What is being asked:
Given the records below, would you repeat exactly the lines that begin at the one containing "e.items ≤ length body)" and end at the one containing "let (header, loaded, then) = bound (decode_json_line j p.0) _ e", inclusive?

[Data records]
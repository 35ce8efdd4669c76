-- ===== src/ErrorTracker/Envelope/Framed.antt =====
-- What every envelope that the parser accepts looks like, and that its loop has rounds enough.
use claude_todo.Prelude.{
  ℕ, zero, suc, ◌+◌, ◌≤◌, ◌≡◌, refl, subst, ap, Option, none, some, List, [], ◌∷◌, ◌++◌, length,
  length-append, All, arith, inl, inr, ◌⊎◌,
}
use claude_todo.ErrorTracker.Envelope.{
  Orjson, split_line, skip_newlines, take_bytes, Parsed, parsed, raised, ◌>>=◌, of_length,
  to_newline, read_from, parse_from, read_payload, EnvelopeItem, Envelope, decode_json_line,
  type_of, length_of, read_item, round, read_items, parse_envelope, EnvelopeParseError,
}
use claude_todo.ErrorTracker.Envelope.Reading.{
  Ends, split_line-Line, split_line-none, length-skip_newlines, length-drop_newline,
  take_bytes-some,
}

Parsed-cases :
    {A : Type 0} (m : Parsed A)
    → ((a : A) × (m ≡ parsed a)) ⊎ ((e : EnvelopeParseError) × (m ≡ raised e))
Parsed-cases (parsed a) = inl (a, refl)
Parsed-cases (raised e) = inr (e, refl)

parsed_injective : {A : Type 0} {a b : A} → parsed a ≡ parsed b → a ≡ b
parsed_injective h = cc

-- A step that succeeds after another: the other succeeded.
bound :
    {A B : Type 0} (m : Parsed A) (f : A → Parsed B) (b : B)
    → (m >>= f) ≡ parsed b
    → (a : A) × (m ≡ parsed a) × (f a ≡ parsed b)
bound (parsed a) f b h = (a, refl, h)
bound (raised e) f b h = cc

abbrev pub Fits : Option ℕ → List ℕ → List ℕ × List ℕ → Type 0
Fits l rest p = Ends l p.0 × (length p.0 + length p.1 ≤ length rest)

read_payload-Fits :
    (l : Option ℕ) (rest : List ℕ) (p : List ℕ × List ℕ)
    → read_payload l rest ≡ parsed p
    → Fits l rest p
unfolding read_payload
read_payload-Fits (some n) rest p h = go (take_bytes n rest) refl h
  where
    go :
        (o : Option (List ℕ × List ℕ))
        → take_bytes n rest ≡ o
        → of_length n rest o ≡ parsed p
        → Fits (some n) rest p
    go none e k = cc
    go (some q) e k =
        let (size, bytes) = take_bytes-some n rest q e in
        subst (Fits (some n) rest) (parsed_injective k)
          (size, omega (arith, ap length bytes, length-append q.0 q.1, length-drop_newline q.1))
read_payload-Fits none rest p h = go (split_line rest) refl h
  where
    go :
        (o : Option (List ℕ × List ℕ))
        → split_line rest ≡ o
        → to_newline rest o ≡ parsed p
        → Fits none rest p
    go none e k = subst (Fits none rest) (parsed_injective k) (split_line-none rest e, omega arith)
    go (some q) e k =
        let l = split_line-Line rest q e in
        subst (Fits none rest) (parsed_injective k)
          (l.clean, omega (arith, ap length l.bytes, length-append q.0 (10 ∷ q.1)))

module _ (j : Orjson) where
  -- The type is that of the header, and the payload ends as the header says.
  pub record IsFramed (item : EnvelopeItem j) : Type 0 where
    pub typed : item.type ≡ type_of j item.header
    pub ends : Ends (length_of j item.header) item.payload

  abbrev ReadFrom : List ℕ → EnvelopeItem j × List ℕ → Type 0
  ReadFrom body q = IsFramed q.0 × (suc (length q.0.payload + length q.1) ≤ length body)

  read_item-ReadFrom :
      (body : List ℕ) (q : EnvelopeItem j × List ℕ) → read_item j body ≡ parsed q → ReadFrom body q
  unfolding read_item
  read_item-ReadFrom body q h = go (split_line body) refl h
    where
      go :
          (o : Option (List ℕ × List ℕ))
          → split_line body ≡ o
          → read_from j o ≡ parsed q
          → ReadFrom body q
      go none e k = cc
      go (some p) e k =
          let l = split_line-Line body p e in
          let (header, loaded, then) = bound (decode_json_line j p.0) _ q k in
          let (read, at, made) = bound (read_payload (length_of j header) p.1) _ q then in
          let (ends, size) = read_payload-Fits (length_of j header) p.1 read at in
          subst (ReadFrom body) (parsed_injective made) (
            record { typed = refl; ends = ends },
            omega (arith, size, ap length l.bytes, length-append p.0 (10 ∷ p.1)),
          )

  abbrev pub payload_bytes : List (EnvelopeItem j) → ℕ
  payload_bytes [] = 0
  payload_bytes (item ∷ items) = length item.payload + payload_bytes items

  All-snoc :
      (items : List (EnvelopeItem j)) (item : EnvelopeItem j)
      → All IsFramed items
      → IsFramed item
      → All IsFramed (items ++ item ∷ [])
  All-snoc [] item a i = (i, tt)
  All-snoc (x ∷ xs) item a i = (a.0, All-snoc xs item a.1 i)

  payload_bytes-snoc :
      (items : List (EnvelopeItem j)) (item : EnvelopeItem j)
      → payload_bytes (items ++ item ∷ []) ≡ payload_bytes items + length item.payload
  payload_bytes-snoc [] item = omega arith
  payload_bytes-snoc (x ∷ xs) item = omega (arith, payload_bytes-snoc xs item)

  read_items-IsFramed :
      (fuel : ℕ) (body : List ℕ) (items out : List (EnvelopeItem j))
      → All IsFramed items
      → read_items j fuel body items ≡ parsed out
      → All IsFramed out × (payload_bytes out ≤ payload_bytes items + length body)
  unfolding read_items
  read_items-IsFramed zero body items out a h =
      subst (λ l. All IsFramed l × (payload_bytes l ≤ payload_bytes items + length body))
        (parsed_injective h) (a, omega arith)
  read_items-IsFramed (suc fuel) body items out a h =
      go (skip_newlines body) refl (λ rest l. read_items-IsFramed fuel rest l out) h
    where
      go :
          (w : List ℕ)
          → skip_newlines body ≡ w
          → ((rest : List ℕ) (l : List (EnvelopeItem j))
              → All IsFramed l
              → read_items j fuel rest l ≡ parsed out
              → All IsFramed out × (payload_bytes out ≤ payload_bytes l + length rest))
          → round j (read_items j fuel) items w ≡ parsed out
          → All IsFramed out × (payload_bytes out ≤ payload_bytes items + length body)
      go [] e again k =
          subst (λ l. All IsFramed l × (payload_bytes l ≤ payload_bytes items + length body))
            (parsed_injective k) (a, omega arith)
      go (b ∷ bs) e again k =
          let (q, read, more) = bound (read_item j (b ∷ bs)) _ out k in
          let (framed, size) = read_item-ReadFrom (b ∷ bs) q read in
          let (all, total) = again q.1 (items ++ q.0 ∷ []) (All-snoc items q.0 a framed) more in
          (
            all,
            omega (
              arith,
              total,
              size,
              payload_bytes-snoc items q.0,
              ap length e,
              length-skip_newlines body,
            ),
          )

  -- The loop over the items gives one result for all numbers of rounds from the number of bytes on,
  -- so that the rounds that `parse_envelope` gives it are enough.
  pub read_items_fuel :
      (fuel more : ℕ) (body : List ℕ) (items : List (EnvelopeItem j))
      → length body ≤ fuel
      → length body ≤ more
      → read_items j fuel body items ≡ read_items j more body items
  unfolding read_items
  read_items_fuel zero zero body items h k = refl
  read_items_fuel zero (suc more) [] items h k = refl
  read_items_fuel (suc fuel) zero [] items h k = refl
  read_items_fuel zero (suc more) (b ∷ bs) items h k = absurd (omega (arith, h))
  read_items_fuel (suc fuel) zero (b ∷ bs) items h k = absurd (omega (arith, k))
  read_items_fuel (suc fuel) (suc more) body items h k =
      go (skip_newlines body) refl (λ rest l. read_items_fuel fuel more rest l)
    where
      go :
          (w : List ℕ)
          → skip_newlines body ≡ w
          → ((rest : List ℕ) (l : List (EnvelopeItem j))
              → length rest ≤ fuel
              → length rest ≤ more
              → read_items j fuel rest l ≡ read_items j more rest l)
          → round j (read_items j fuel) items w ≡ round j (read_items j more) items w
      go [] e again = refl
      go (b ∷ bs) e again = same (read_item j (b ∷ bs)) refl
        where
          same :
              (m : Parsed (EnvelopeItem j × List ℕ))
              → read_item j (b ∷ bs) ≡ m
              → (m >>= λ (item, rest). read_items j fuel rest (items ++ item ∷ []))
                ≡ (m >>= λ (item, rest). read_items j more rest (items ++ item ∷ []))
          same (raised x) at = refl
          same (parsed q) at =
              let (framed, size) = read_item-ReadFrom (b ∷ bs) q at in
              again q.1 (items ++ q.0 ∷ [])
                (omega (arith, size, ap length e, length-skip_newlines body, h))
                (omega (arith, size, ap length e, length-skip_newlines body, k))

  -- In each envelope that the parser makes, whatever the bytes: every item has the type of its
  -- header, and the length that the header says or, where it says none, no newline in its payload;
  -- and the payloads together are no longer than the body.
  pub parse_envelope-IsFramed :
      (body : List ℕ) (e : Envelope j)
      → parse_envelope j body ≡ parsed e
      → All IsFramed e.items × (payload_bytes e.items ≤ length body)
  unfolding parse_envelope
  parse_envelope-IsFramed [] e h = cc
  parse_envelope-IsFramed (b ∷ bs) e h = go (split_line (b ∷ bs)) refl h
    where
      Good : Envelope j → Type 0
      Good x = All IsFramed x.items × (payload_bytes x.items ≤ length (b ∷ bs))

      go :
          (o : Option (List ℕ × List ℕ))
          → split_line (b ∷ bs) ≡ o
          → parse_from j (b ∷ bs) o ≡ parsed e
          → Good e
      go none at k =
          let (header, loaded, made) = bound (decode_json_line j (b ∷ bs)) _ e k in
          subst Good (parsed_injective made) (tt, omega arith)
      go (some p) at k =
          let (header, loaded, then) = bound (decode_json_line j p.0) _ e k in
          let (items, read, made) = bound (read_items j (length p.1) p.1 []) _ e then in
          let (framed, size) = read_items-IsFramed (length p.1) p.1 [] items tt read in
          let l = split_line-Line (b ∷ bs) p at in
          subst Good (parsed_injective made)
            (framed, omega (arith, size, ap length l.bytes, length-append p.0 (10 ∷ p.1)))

--

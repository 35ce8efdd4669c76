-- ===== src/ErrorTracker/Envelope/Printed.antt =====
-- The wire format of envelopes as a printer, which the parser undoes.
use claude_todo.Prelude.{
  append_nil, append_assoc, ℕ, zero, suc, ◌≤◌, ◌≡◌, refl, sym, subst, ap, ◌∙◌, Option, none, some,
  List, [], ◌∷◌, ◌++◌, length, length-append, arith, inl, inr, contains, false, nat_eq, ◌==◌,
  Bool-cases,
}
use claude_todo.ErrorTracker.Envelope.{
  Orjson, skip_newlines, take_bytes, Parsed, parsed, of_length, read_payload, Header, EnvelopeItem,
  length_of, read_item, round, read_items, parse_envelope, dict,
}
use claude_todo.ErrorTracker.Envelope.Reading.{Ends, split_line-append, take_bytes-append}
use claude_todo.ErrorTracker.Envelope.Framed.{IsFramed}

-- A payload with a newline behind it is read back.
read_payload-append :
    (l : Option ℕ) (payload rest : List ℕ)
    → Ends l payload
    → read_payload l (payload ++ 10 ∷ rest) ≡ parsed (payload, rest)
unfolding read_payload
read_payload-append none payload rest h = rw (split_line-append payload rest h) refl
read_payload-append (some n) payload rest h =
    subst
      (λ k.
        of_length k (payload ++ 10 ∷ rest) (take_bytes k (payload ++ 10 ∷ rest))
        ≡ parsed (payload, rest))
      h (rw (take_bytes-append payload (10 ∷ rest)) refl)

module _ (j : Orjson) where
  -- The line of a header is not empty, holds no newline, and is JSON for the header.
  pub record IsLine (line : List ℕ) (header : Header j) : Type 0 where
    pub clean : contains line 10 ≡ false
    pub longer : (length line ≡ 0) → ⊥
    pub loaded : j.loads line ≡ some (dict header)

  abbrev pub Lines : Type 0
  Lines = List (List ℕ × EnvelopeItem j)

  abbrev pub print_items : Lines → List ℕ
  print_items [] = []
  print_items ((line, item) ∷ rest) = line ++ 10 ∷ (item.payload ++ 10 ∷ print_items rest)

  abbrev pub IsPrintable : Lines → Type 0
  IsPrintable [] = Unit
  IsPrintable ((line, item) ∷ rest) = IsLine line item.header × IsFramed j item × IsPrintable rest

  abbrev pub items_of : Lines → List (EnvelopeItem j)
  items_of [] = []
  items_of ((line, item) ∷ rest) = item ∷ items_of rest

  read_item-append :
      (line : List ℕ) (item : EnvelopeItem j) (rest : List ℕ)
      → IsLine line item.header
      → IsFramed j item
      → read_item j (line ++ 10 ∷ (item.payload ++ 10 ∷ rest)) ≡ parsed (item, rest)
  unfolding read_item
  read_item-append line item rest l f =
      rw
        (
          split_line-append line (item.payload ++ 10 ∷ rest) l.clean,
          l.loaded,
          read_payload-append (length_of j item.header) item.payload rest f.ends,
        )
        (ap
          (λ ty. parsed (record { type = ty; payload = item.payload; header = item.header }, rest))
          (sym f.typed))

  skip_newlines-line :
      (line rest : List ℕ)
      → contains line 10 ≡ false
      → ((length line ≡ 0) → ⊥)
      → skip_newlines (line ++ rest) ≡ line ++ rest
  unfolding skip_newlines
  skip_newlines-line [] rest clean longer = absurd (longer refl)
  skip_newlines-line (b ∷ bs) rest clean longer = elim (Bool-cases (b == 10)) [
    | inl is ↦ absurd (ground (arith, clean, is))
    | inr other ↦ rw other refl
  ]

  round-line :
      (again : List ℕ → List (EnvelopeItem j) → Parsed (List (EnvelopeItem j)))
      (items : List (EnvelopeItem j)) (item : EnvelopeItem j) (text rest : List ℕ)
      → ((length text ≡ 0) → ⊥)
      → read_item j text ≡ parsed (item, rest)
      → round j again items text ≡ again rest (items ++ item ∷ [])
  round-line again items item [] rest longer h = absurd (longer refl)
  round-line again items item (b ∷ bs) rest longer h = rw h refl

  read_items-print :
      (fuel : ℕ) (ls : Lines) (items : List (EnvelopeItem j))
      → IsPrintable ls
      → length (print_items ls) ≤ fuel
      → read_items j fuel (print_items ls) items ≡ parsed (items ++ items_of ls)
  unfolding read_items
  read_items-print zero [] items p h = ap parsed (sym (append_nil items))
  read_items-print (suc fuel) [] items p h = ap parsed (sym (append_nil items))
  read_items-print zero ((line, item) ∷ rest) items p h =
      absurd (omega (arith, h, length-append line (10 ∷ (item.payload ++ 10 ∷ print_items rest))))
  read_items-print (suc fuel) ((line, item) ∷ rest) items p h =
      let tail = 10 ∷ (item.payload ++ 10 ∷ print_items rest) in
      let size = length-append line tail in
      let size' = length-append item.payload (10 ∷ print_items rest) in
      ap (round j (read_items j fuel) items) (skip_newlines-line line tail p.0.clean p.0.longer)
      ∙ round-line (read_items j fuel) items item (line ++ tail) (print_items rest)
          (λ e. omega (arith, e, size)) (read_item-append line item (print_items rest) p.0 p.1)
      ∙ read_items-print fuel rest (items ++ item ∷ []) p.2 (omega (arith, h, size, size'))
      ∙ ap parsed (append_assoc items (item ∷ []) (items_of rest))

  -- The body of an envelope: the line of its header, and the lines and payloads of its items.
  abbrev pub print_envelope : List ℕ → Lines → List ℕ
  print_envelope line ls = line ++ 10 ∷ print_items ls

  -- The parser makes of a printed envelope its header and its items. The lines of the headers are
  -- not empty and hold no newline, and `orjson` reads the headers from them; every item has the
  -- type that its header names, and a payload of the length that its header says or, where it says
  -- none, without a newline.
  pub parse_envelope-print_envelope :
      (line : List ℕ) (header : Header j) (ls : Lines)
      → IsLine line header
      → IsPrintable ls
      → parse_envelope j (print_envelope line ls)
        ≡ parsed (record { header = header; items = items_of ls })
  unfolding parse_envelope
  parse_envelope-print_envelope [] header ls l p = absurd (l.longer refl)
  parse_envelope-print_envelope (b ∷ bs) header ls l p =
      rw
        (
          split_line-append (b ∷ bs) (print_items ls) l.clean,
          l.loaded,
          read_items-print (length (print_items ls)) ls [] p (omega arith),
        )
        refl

* * *

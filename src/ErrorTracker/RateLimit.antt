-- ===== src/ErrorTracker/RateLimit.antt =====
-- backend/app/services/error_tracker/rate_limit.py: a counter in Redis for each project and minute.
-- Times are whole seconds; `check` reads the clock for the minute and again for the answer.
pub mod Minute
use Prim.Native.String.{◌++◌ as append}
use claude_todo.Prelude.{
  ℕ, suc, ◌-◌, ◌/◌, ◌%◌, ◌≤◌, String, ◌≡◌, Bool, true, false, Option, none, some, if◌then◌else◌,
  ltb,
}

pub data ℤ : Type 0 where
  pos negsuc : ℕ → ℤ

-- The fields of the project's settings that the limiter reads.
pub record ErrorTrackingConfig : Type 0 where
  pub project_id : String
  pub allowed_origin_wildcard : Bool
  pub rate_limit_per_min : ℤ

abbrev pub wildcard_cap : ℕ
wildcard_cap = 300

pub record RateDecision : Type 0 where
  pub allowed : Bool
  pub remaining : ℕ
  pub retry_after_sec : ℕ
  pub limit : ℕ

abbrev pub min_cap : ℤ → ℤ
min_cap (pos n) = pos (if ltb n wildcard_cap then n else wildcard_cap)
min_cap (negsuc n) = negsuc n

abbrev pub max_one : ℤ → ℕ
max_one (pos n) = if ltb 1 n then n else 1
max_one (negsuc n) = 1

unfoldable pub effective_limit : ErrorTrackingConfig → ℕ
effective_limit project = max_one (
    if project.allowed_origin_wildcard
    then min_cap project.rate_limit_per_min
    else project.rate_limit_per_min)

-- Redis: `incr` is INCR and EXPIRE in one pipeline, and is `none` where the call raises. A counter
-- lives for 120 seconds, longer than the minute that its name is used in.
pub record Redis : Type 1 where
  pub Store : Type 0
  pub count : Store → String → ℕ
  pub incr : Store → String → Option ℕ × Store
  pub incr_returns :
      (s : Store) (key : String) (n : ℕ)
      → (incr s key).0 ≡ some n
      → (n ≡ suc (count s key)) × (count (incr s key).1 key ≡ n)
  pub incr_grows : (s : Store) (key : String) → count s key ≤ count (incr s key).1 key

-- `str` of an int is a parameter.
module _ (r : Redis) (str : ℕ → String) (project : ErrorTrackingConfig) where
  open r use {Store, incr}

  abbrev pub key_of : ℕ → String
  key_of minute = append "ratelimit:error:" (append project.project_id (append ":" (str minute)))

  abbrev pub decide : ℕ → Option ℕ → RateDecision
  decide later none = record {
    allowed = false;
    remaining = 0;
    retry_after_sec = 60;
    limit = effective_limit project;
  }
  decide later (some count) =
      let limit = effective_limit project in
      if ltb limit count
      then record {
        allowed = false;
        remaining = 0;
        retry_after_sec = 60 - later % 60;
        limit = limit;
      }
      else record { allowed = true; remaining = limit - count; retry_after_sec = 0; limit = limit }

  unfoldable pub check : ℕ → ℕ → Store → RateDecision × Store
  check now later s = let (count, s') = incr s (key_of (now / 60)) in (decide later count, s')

Your response:
      → All IsFramed e.items × (payload_bytes e.items ≤ length body)
  unfolding parse_envelope
  parse_envelope-IsFramed [] e h = cc
  parse_envelope-IsFramed (b ∷ bs) e h = go (split_line (b ∷ bs)) refl h
    where
      Good : Envelope j → Type 0
      Good x = All IsFramed x.items × (payload_bytes x.items ≤ length (b ∷ bs))

      go :
          (o : Option (List ℕ × List ℕ))
          → split_line (b ∷ bs) ≡ o
          → parse_from j (b ∷ bs) o ≡ parsed e
          → Good e
      go none at k =
          let (header, loaded, made) = bound (decode_json_line j (b ∷ bs)) _ e k in
          subst Good (parsed_injective made) (tt, omega arith)
      go (some p) at k =
          let (header, loaded, then) = bound (decode_json_line j p.0) _ e k in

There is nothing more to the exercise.